Parenting Teen Tip #1 - Find Common Ground: When parenting teens, and as the parent, the ball is in "your" court. The sporting teams that win are the ones who do the best job of sharing the ball. It shouldn't be impossible to recognize problems or situations in your troubled teens life that compare to the experiences you had at their age. You may even find they are strikingly similar. They've never been in your shoes, but "you've" been in "theirs." Years ago a business partner and I would frequently have to make a 6 hour commute together. Once we'd run out of things to talk about we would run into trouble because he liked country music and I liked alternative. Rather than compromise, we both preferred to ride in awkward silence. One day he brought a new record by an upstart country rocker named Steve Earle. Suddenly we had a common denominator. Our long commutes turned into trips we both looked forward to. Find some common ground with your troubled teen. This will open up the lines of communication and the opportunity for shared experiences.

Parenting Teen Tip #2 - Constructive Communication: When parenting teens be prepared to explain your reasons for your decisions rather than just saying "because I said so." This helps your teen understand the reasons for your decisions and can have a very positive effect in the relationship with your troubled teen. Be fair and respectful towards each other. It's important to control our own anger so that we don't lash out regrettably. Disagreements, especially when parenting teens, can escalate into brutally painful exchanges that cause us to say things that we immediately regret. This can lead to wounds that are slow to heal. Count to ten, take three deep breaths and wait until you are calm and reasonable before talking with your troubled teen. Controlling our anger is not always easy when parenting teens, but in order to maintain healthy lines of communication, your teen can't be afraid to speak freely. Gaining this kind of trust in a parent to teen relationship takes consistent work and patience. If you have a trusting relationship with your troubled teen, you will be the first person they want to call when they need help. If you can gain your troubled teens confidence so that they're comfortable talking to you about the things that are going on in their lives, (even those things that aren't easy to hear) then you can tackle the issues and problems that come along. Get close, as close as you can - and stay there.

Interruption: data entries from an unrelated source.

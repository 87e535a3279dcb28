-- ===== src/Blobstore/Sharding/Backend.antt =====
-- The backend that is chosen takes requests.
use bazel_buildbarn.Prelude.{
  ℕ, zero, suc, ◌+◌, ◌%◌, ◌^◌, ◌<◌, ◌≤◌, ◌≡◌, ◌≢◌, refl, ap, ◌∙◌, List, [], ◌∷◌, some, Bool, false,
  ◌==◌, if◌then◌else◌, length, arith, Bool-cases, inl, inr,
}
use bazel_buildbarn.Prelude.Word.{add64}
use bazel_buildbarn.Util.Digest.{Digest, get_key}
use bazel_buildbarn.Blobstore.Sharding.{
  accumulate, cumulative_weights, shard_of_slot, total_weight, select, get_shard, hash_key,
  ShardingBlobAccess, get_backend,
}
use bazel_buildbarn.Blobstore.Sharding.Search.{sum, shard_of_slot-weights}

total_weight-accumulate :
    (w : ℕ) (ws : List ℕ) (total : ℕ)
    → total + sum (w ∷ ws) < 2 ^ 64
    → total_weight (accumulate total (w ∷ ws)) ≡ total + sum (w ∷ ws)
unfolding accumulate
total_weight-accumulate w [] total fits = omega arith
total_weight-accumulate w (v ∷ ws) total fits =
    let plain : add64 total w ≡ total + w = omega arith in
    ap (λ t. total_weight (accumulate t (v ∷ ws))) plain
    ∙ total_weight-accumulate v ws (total + w) (omega arith)
    ∙ omega arith

total_weight-cumulative_weights :
    (weights : List ℕ)
    → sum weights < 2 ^ 64
    → total_weight (cumulative_weights weights) ≡ sum weights
unfolding cumulative_weights accumulate
total_weight-cumulative_weights [] fits = refl
total_weight-cumulative_weights (w ∷ ws) fits =
    total_weight-accumulate w ws 0 (omega (arith, fits)) ∙ omega arith

module _ (sequence : ℕ → ℕ → ℕ) (weights : List ℕ) (fits : sum weights < 2 ^ 64)
    (some_weight : 0 < sum weights) where
  -- The shard that the number `i` of the sequence stands for.
  abbrev pub shard : ℕ → ℕ → ℕ
  shard seed i =
      shard_of_slot (cumulative_weights weights)
        (sequence seed i % total_weight (cumulative_weights weights))

  shard_below : (seed i : ℕ) → shard seed i < length weights
  shard_below seed i =
      let whole = total_weight-cumulative_weights weights fits in
      let slot_below : sequence seed i % total_weight (cumulative_weights weights) < sum weights =
        rw whole (omega arith) in
      (shard_of_slot-weights weights _ 0 fits slot_below).1

  select_first :
      (drained : ℕ → Bool) (fuel seed i n : ℕ)
      → i ≤ n
      → n < i + fuel
      → drained (shard seed n) ≡ false
      → (k : ℕ) × (select sequence fuel seed (cumulative_weights weights) drained i
          ≡ some (shard seed k))
        × (k ≤ n)
        × (drained (shard seed k) ≡ false)
  unfolding select
  select_first drained zero seed i n low high up = absurd (omega arith)
  select_first drained (suc fuel) seed i n low high up =
      elim (Bool-cases (drained (shard seed i))) [
        | inr open_ ↦ (i, rw open_, low, open_)
        | inl down ↦
            let other : i ≢ n = λ e. (let same = rw (← e) at up in absurd (cc)) in
            let (k, e, le, live) =
              select_first drained fuel seed (i + 1) n (omega arith) (omega arith) up in
            (k, rw down e, le, live)
      ]

-- If one of the first `fuel` numbers of the sequence for the hash of a digest's key stands for a shard
-- that is not drained, getBackend ends, and chooses a backend that exists and is not drained. The
-- weights are not all zero, and fit in 64 bits.
pub get_backend_undrained :
    (sequence : ℕ → ℕ → ℕ) (weights : List ℕ) (fuel n : ℕ) (ba : ShardingBlobAccess)
    (digest : Digest)
    → sum weights < 2 ^ 64
    → 0 < sum weights
    → ba.cumulative ≡ cumulative_weights weights
    → n < fuel
    → (let h = hash_key ba.hash_initialization (get_key digest ba.key_format) in
        ba.drained (
          shard_of_slot
            (cumulative_weights weights)
            (sequence (if h == 0 then 1 else h) n % total_weight (cumulative_weights weights)))
        ≡ false)
    → (index : ℕ) × (get_backend sequence fuel ba digest ≡ some index)
      × (ba.drained index ≡ false)
      × (index < length weights)
unfolding get_backend get_shard
get_backend_undrained sequence weights fuel n ba digest fits some_weight built within up =
    let h = hash_key ba.hash_initialization (get_key digest ba.key_format) in
    let seed = if h == 0 then 1 else h in
    let (k, e, le, live) =
      select_first sequence weights fits some_weight ba.drained fuel seed 0 n (omega arith)
        (omega (arith, within)) up in
    (
      shard sequence weights fits some_weight seed k,
      rw built e,
      live,
      shard_below sequence weights fits some_weight seed k,
    )
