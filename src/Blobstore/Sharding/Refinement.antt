-- ===== src/Blobstore/Sharding/Refinement.antt =====
-- Shards that are maps from digests to blobs make one.
use bazel_buildbarn.Prelude.{
  ℕ, ◌≡◌, ◌↔◌, refl, inl, inr, List, [], ◌∷◌, ◌++◌, true, Option, none, some, ◌==◌, Bool-cases,
  Member, Member-append, Member_split, Member-filter, arith,
}
use bazel_buildbarn.Util.Status.{ok, Error}
use bazel_buildbarn.Util.Digest.{Digest}
use bazel_buildbarn.Blobstore.BlobAccess.{BlobAccess}
use bazel_buildbarn.Blobstore.BlobAccess.Laws.{View, Same, Updated, Got, IsStore}
use bazel_buildbarn.Blobstore.Sharding.Access.{
  with_state, is_empty, combine, concluded, digests_for, call_find_missing, collect, states_after,
  sharding_blob_access,
}

-- Each digest has the blob of its own shard.
abbrev pub shard_view : {S : Type 0} → (Digest → ℕ) → (ℕ → S → View) → (ℕ → S) → View
shard_view backend_of views states digest =
    views (backend_of digest) (states (backend_of digest)) digest

module _ {S R : Type 0} (backends : ℕ → BlobAccess S R) (backend_of : Digest → ℕ)
    (arrival : List Digest → List ℕ) (views : ℕ → S → View) (Missing : Error → Type 0) where
  abbrev view : (ℕ → S) → View
  view = shard_view backend_of views

  abbrev all : BlobAccess (ℕ → S) (ℕ × R)
  all = sharding_blob_access backends backend_of arrival

  same_index : (i : ℕ) → (i == i) ≡ true
  same_index i = ground arith

  same_shard :
      (states : ℕ → S) (i : ℕ) (s : S)
      → Same (views i (states i)) (views i s)
      → Same (view states) (view (with_state i s states))
  same_shard states i s h digest = elim (Bool-cases (backend_of digest == i)) [
    | inl e ↦ let own : backend_of digest ≡ i = ground (arith, e) in rw e (rw own (h digest))
    | inr e ↦ rw e refl
  ]

  updated_shard :
      (states : ℕ → S) (digest : Digest) (v : Option (List ℕ)) (s : S)
      → Updated
          (views (backend_of digest) (states (backend_of digest)))
          digest
          v
          (views (backend_of digest) s)
      → Updated (view states) digest v (view (with_state (backend_of digest) s states))
  updated_shard states digest v s (at, away) = (
    rw (same_index (backend_of digest)) at,
    λ d ne. elim (Bool-cases (backend_of d == backend_of digest)) [
      | inl e ↦
          let own : backend_of d ≡ backend_of digest = ground (arith, e) in
          rw e (rw own (away d ne))
      | inr e ↦ rw e refl
    ],
  )

  got_shard :
      (states : ℕ → S) (digest : Digest) (v : Option (List ℕ))
      → Got
          (backends (backend_of digest))
          (views (backend_of digest))
          Missing
          (states (backend_of digest))
          digest
          v
      → Got all view Missing states digest v
  unfolding sharding_blob_access
  got_shard states digest none (e, failed, kind) = (e, rw failed refl, kind)
  got_shard states digest (some blob) (r, found, content, same) =
      let i = backend_of digest in
      (
        (i, r),
        rw found refl,
        rw (same_index i) content,
        λ d. rw (same_index i) (elim (Bool-cases (backend_of d == i)) [
          | inl e ↦ let own : backend_of d ≡ i = ground (arith, e) in rw e (rw own (same d))
          | inr e ↦ rw e refl
        ]),
      )

  module _ (law : (i : ℕ) → IsStore (backends i) (views i) Missing) where
    find_one :
        (states : ℕ → S) (digests : List Digest) (i : ℕ)
        → (missing : List Digest) × ((call_find_missing backends backend_of arrival states digests
              i).0
            ≡ ok missing)
          × ((digest : Digest)
              → Member digest missing
                ↔ (Member digest digests × ((backend_of digest ≡ i) × (view states digest ≡ none))))
    find_one states digests i =
        let (missing, found, answer, same) =
          (law i).find_missing (states i) (digests_for backends backend_of arrival digests i) in
        (
          missing,
          found,
          λ digest.
              (let chosen = Member-filter (λ d. backend_of d == i) digest digests in
                (
                  λ m.
                      (let (named, absent) = (answer digest).0 m in
                        let (asked, e) = chosen.0 named in
                        let own : backend_of digest ≡ i = ground (arith, e) in
                        (asked, (own, rw own absent))),
                  λ (asked, (own, absent)).
                      (answer digest).1 (chosen.1 (asked, rw own (same_index i)), rw own at absent),
                )),
        )

    find_all :
        (states : ℕ → S) (digests : List Digest) (order : List ℕ)
        → (missing : List Digest) × (collect backends backend_of arrival states digests order
            ≡ ok (missing, none))
          × ((digest : Digest)
              → Member digest missing ↔ (
                  Member digest digests
                  × (Member (backend_of digest) order × (view states digest ≡ none))))
    unfolding collect combine
    find_all states digests [] =
        ([], refl, λ digest. (λ m. absurd m, λ (asked, (none', absent)). absurd none'))
    find_all states digests (i ∷ order) =
        let (first, found, mine) = find_one states digests i in
        let (others, rest, theirs) = find_all states digests order in
        (
          first ++ others,
          rw (found, rest) refl,
          λ digest. (
            λ m. elim (Member_split digest first others m) [
              | inl n ↦ let (asked, (own, absent)) = (mine digest).0 n in (asked, (inl own, absent))
              | inr n ↦
                  let (asked, (here, absent)) = (theirs digest).0 n in (asked, (inr here, absent))
            ],
            λ (asked, (here, absent)). Member-append digest first others (elim here [
              | inl own ↦ inl ((mine digest).1 (asked, (own, absent)))
              | inr there ↦ inr ((theirs digest).1 (asked, (there, absent)))
            ]),
          ),
        )

    same_after :
        (states : ℕ → S) (digests : List Digest)
        → Same (view states) (view (states_after backends backend_of arrival states digests))
    unfolding states_after
    same_after states digests digest =
        let i = backend_of digest in
        elim (Bool-cases (is_empty (digests_for backends backend_of arrival digests i))) [
          | inl e ↦ rw e refl
          | inr e ↦
              let (missing, found, answer, same) =
                (law i).find_missing (states i)
                  (digests_for backends backend_of arrival digests i) in
              rw e (same digest)
        ]

-- If each shard behaves as a map from digests to blobs, then so do all of them together, whatever the
-- order in which the results of FindMissing arrive: each digest has the blob of its own shard. A result
-- arrives from the backend of every digest that is asked for.
pub sharding-IsStore :
    {S R : Type 0} (backends : ℕ → BlobAccess S R) (backend_of : Digest → ℕ)
    (arrival : List Digest → List ℕ) (views : ℕ → S → View) (Missing : Error → Type 0)
    → ((i : ℕ) → IsStore (backends i) (views i) Missing)
    → ((digests : List Digest) (digest : Digest)
        → Member digest digests
        → Member (backend_of digest) (arrival digests))
    → IsStore
        (sharding_blob_access backends backend_of arrival)
        (shard_view backend_of views)
        Missing
unfolding sharding_blob_access concluded
sharding-IsStore backends backend_of arrival views Missing law arrives = record {
  get = λ states digest.
      got_shard backends backend_of arrival views Missing states digest _
        ((law (backend_of digest)).get (states (backend_of digest)) digest);
  get_same = λ states digest.
      same_shard backends backend_of arrival views Missing states (backend_of digest) _
        ((law (backend_of digest)).get_same (states (backend_of digest)) digest);
  put = λ states digest blob r read.
      (let (stored, updated) =
          (law (backend_of digest)).put (states (backend_of digest)) digest blob r read in
        (
          stored,
          updated_shard backends backend_of arrival views Missing states digest (some blob) _
              updated,
        ));
  put_failed = λ states digest size_bytes r bad.
      (let (failed, same) =
          (law (backend_of digest)).put_failed (states (backend_of digest)) digest size_bytes r
            bad in
        (
          failed,
          same_shard backends backend_of arrival views Missing states (backend_of digest) _ same,
        ));
  delete = λ states digest.
      (let (deleted, updated) =
          (law (backend_of digest)).delete (states (backend_of digest)) digest in
        (
          deleted,
          updated_shard backends backend_of arrival views Missing states digest none _ updated,
        ));
  find_missing = λ states digests.
      (let (missing, found, answer) =
          find_all backends backend_of arrival views Missing law states digests (arrival digests) in
        (
          missing,
          rw found refl,
          λ digest. (
            λ m. (let (asked, (here, absent)) = (answer digest).0 m in (asked, absent)),
            λ (asked, absent). (answer digest).1 (asked, (arrives digests digest asked, absent)),
          ),
          same_after backends backend_of arrival views Missing law states digests,
        ));
}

Parenting Teen Tip #3 - Example is the Best Sermon: It's important to remember when parenting teens that you are being closely watched. Your habits and patterns of behavior are learned and are often repeated. If your teen, especially troubled teen perceives your actions as hypocrisy they'll often use it to justify their own negative behavior. This includes abuse of alcohol, drugs, tobacco, risky sex, and the lifestyles that accompany these things. It has been said that what parents do in moderation teens will do in excess. It important for parents to "own" their faults and recognize their own need to change and improve. Being honest and open with your troubled teen when it comes to the shortcomings you may have as a parent, will inspire the same sort of openness in your teen. Sir Francis Bacon said, "He that gives good advice, builds with one hand; he that gives good counsel and example, builds with both; but he that gives good admonition and bad example, builds with one hand and pulls down with the other."